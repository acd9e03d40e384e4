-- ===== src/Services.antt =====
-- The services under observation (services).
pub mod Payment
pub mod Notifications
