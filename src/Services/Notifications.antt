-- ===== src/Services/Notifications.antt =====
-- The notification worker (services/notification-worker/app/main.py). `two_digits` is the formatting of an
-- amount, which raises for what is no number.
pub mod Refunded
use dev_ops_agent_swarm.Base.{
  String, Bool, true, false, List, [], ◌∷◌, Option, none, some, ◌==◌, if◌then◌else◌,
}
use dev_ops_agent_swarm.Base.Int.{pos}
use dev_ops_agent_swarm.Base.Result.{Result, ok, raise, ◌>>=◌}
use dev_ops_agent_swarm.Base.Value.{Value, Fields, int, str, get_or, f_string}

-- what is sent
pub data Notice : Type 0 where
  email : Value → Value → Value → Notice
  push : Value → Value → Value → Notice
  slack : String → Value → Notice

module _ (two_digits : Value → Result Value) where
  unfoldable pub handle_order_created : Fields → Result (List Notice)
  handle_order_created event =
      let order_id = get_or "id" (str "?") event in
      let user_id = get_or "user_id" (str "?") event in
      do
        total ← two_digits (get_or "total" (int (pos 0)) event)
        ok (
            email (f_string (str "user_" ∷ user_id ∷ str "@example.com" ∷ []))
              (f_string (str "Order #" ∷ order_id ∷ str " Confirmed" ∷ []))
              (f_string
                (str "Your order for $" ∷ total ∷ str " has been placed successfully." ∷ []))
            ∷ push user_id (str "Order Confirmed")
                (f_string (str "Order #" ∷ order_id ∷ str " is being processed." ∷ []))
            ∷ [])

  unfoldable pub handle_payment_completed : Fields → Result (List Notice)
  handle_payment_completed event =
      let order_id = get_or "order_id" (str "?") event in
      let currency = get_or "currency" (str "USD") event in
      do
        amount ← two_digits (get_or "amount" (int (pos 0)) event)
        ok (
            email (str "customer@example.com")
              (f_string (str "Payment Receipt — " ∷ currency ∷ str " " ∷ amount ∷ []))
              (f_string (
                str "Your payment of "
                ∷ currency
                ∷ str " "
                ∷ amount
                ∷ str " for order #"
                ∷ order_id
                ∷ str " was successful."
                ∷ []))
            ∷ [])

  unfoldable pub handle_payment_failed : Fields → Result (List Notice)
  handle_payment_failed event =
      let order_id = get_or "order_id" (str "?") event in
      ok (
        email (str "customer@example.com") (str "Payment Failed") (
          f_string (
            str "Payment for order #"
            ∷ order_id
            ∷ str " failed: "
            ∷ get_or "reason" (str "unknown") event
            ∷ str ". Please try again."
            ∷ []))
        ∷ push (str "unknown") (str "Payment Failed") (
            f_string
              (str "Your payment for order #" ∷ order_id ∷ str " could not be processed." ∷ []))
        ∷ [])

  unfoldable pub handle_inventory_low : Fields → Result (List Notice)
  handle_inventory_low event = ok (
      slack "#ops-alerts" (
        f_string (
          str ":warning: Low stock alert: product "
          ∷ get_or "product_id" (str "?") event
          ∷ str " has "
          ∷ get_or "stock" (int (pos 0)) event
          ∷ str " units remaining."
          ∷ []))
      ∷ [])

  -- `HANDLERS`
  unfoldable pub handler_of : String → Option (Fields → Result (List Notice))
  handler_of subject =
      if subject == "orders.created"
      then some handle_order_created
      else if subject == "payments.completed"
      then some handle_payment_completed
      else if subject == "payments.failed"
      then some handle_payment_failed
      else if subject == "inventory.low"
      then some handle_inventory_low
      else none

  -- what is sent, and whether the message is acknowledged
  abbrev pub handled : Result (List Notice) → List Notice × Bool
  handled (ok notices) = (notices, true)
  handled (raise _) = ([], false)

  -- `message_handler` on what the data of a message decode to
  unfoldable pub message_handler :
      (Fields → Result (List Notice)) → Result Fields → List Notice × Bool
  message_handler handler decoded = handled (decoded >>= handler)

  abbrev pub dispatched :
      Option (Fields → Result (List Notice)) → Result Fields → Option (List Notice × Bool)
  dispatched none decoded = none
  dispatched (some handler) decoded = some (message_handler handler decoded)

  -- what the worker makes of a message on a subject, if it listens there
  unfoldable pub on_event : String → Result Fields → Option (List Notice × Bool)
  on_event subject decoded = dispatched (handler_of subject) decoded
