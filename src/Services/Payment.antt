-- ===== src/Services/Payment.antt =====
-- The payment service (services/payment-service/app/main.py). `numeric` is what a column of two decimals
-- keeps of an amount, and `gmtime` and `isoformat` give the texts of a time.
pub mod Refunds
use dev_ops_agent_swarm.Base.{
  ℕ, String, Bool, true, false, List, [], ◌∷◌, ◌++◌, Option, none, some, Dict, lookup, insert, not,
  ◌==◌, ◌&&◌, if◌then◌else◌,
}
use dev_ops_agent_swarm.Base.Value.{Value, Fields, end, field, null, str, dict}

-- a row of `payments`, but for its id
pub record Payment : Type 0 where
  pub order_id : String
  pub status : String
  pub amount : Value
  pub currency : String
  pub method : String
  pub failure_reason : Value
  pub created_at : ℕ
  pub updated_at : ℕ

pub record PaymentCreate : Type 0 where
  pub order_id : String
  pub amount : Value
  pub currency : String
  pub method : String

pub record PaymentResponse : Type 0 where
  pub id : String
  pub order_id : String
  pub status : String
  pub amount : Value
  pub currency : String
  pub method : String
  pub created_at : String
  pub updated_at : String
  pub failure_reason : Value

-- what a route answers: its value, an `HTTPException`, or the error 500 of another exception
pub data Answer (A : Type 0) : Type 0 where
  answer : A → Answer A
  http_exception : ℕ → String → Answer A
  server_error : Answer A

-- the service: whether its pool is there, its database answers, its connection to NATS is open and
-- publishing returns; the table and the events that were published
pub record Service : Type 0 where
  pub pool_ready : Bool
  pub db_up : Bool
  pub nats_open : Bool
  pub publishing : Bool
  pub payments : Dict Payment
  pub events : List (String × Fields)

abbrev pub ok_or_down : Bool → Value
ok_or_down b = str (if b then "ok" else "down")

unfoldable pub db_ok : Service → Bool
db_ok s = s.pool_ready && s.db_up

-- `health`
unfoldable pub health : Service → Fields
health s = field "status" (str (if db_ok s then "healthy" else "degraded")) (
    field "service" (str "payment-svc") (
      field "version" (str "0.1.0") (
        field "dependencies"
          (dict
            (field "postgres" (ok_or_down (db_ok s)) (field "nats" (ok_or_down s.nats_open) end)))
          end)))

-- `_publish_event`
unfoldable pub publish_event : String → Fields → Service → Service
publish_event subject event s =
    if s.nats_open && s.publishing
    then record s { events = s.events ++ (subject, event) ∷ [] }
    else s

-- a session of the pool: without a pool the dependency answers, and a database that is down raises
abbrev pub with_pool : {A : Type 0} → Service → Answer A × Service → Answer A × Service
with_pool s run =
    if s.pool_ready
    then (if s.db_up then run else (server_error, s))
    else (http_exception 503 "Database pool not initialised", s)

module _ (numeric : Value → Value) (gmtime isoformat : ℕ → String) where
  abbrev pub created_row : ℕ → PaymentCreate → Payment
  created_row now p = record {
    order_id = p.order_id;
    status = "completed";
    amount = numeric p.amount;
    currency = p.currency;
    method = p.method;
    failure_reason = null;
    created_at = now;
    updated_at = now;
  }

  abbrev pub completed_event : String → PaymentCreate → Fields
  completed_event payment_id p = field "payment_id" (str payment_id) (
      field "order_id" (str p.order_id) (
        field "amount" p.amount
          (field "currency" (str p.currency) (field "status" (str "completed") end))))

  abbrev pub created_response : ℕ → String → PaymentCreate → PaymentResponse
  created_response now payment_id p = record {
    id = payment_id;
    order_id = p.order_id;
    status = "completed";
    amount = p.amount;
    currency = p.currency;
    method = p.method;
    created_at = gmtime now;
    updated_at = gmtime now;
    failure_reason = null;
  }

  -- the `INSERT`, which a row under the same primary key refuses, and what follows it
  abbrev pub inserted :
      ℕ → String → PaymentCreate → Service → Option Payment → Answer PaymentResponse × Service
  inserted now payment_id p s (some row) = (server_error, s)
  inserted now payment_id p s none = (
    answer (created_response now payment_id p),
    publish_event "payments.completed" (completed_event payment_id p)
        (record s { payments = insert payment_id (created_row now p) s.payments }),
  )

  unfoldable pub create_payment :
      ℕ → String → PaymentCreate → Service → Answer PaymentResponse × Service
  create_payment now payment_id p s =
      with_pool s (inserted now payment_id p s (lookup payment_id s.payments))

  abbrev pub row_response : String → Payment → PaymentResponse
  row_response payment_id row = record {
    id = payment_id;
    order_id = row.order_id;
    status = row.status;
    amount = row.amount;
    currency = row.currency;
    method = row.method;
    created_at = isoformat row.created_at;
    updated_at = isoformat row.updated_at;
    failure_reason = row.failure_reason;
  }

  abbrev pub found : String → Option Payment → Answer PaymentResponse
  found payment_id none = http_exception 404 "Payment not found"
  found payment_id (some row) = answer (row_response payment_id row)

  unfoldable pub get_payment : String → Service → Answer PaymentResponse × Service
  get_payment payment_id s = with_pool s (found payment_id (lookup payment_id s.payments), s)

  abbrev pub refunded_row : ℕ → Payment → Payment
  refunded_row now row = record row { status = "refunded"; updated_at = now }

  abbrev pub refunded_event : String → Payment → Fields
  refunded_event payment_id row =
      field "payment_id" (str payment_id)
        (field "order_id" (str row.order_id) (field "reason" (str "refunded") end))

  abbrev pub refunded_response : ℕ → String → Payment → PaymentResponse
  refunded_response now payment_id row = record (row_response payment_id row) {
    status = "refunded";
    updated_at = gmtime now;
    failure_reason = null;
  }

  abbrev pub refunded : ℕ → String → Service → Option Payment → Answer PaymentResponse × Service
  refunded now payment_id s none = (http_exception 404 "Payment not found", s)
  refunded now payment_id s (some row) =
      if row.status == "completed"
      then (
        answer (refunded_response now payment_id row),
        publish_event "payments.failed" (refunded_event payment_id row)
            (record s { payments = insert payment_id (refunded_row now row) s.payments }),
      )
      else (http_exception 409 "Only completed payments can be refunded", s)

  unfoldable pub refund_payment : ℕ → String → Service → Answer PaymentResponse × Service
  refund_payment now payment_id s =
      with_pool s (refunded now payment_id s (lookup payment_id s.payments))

# # # # # # #

## Your goal
Reproduce exactly, and only, the part of the listing above that begins at the line with "-- publishing returns;" and goes on through the line with "module _ (numeric".

## The completed task
-- publishing returns; the table and the events that were published
pub record Service : Type 0 where
  pub pool_ready : Bool
  pub db_up : Bool
  pub nats_open : Bool
  pub publishing : Bool
  pub payments : Dict Payment
  pub events : List (String × Fields)

abbrev pub ok_or_down : Bool → Value
ok_or_down b = str (if b then "ok" else "down")

unfoldable pub db_ok : Service → Bool
db_ok s = s.pool_ready && s.db_up

-- `health`
unfoldable pub health : Service → Fields
health s = field "status" (str (if db_ok s then "healthy" else "degraded")) (
    field "service" (str "payment-svc") (
      field "version" (str "0.1.0") (
        field "dependencies"
          (dict
            (field "postgres" (ok_or_down (db_ok s)) (field "nats" (ok_or_down s.nats_open) end)))
          end)))

-- `_publish_event`
unfoldable pub publish_event : String → Fields → Service → Service
publish_event subject event s =
    if s.nats_open && s.publishing
    then record s { events = s.events ++ (subject, event) ∷ [] }
    else s

-- a session of the pool: without a pool the dependency answers, and a database that is down raises
abbrev pub with_pool : {A : Type 0} → Service → Answer A × Service → Answer A × Service
with_pool s run =
    if s.pool_ready
    then (if s.db_up then run else (server_error, s))
    else (http_exception 503 "Database pool not initialised", s)

module _ (numeric : Value → Value) (gmtime isoformat : ℕ → String) where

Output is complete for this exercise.